4) Backwards compatibility.  How should we deal with no user file, a .sml
file, and a .cm file.  My suggestion is the following: each of these
situations induces a .mlb file to be compiled.  I'm using basis-2002, but
the actual choice would depend on the -basis flag:

<no file>  ==>  $(SML_BASIS)/basis-2002.mlb
f.sml      ==>  local $(SML_BASIS)/basis-2002.mlb in f.sml end
f.cm       ==>  local $(SML_BASIS)/basis-2002.mlb in f1.sml ... fn.sml end
                (* where f1.sml ... fn.sml are the files induced *)

5) -show-basis <file>
It seems that this simply prints the basis (as in, top-level bindings)
that are in scope.  So, that is a notion that is well-defined under the
.mlb model.  However, the way it currently works, is that if there is no
user file, then the Basis Library basis is printed to the file; if there
is a user file, then the basis at the end of elaborating the user file is
printed minus the bindings from the Basis Library.  So, each of these
situations would be preserved by the "encoding" above.  Note that the
end-user will get very different results for

z.mlb:
  $(SML_BASIS)/basis-2002.mlb
  z.sml

a.mlb:
  local
    $(SML_BASIS)/basis-2002.mlb
  in
    a.sml
  end

I actually think this is a good thing, because it indicates very different
situations if they further include z.mlb or a.mlb in another mlb file.

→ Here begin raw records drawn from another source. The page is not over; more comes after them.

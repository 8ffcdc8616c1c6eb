-- ===== src/Broker/Families/Reuse.antt =====
-- What follows the reuse of a refresh token, over any later calls of `create_family`,
-- `revoke_family` and `rotate_refresh` (src/auth-broker/app/adapters/sqlite.py).
use mathlib.Core.Path.{subst}
use mathai_ai_swarm_memory.Common.{
  false, ◌≡◌, ◌≢◌, true, false, List, Option, some, String, ok, err, arith,
}
use mathai_ai_swarm_memory.Broker.Store.{Datetime, is_aware, refresh_reuse, RefreshRow, Store}
use mathai_ai_swarm_memory.Broker.Families.{TokenFamily, family_active, is_live}
use mathai_ai_swarm_memory.Broker.Families.Rotate.{rotate_refresh}
use mathai_ai_swarm_memory.Broker.Families.Rotation.{find_token, rotate_row-none}
use mathai_ai_swarm_memory.Broker.Families.SingleUse.{found_id, reuse-found, stale_refused}
use mathai_ai_swarm_memory.Broker.Families.Revoked.{
  Call, run_calls, run_calls-IsRevoked, IsRevoked, revoke_family_locked-revokes,
}

IsRevoked-inactive :
    (family_id : String) (st : Store) (later : Datetime)
    → IsRevoked family_id st
    → is_aware later ≡ true
    → family_active family_id later st ≡ ok false
unfolding family_active is_live
IsRevoked-inactive family_id st later h e = rw (e, h.found, h.revoked)

reuse-IsRevoked :
    (token_hash : String) (now : Datetime) (new_token_hash : String) (e : Option Datetime)
    (st st' : Store) (r : RefreshRow)
    → rotate_refresh token_hash now new_token_hash e st ≡ (err refresh_reuse, st')
    → find_token token_hash st ≡ some r
    → IsRevoked r.family_id st'
reuse-IsRevoked token_hash now new_token_hash e st st' r h found =
    let (s, f, n, row) = reuse-found token_hash now new_token_hash e st st' h in
    let (stale, live, after) = rotate_row-none s f token_hash now new_token_hash e st st' row in
    let same : s ≡ r = cc (n.token, found) in
    let revoked : IsRevoked s.family_id st' =
      rw (after, found_id s.family_id st.token_families f n.family)
        (revoke_family_locked-revokes s.family_id now st f n.family live) in
    subst (λ x. IsRevoked x.family_id st') same revoked

-- Once a presented token has been answered by the reuse error, the family of the token is inactive
-- at every aware time, whatever calls that create, revoke or rotate families come in between.
pub reuse_ends_family :
    (token_hash : String) (now : Datetime) (new_token_hash : String) (e : Option Datetime)
    (st st' : Store) (r : RefreshRow)
    → rotate_refresh token_hash now new_token_hash e st ≡ (err refresh_reuse, st')
    → find_token token_hash st ≡ some r
    → (calls : List Call) (later : Datetime) → is_aware later ≡ true
    → family_active r.family_id later (run_calls calls st') ≡ ok false
reuse_ends_family token_hash now new_token_hash e st st' r h found calls later aware_later =
    IsRevoked-inactive r.family_id (run_calls calls st') later
      (run_calls-IsRevoked r.family_id calls st'
        (reuse-IsRevoked token_hash now new_token_hash e st st' r h found))
      aware_later

-- Once a presented token has been answered by the reuse error, no token of its family gives a
-- family again, whatever calls that create, revoke or rotate families come in between.
pub reuse_ends_tokens :
    (token_hash : String) (now : Datetime) (new_token_hash : String) (e : Option Datetime)
    (st st' : Store) (r : RefreshRow)
    → rotate_refresh token_hash now new_token_hash e st ≡ (err refresh_reuse, st')
    → find_token token_hash st ≡ some r
    → (calls : List Call) (other next_hash : String) (later : Datetime) (e' : Option Datetime)
      (s : RefreshRow)
    → find_token other (run_calls calls st') ≡ some s
    → s.family_id ≡ r.family_id
    → (y : TokenFamily) → (rotate_refresh other later next_hash e' (run_calls calls st')).0 ≢ ok y
reuse_ends_tokens token_hash now new_token_hash e st st' r h found calls other next_hash later e' s
      found' same y =
    let still =
      run_calls-IsRevoked r.family_id calls st'
        (reuse-IsRevoked token_hash now new_token_hash e st st' r h found) in
    stale_refused other later next_hash e' (run_calls calls st') s still.row
      (record { token = found'; family = rw same still.found }) (ground arith) y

6) -show-basis-used <file>
I don't know how to support this for backwards compatibility or what it
should do for a .mlb file.

7) -warn-unused
There's no problem with tracking use information when elaborating mlb
files.  Again, it's a question of what we intend it to mean.  Note that in
the a.mlb example abov, a large portion of the Basis Library is considered
unused, because they are _not_ in scope in the final basis of the
elaborated program.  This is in contrast with the z.mlb example, which
leaves all of the Basis Library in the final basis.  However, a.mlb seems
to be the more principled way to write mlb files.

8) -show-def-use
Similar to (7), the infrastructure works fine.  However, without a clear
distinction between Basis Library and user code, I never call
Env.clearDefUses after elaborating the Basis Library.  Hence, I always get
def-use information for the _whole_ program, Basis Library and user.

9) Empty programs
There is the question of what to do in completely empty programs.  If the
user doesn't include a Basis Library, then no top-level suffix and
top-level handler are installed.  Given the way in which to-level items
are incorporated into the program, there is no seg-fault, just program
termination with a "MLton bug: " error message.

Furthermore, the empty basis is really the completely empty basis -- not
even any of the primitive datatypes.  (These are added with a  _prim
basdec.)  An empty program compiled without the primitive datatypes
terminated with  "true has no mono property" in the mono pass.  I suspect
that other passes would also break.

We could change the elaboration rules for mlbs to make the "empty" basis
correspond to the primitive basis.  This wouldn't alter any of the
arguments that an mlb need only be elaborated once.  Another option would
be to _always_ include the decs corresponding to the primitive basis, but
still require the _prim basdec to add the bindings to a basis.  (This
would correspond to elaborating  local _prim in end  as a prefix to the
user's .mlb file.  The _prim basdec is "cached" in the same way as .mlb
files.)

Not sure what to do about the top-level things.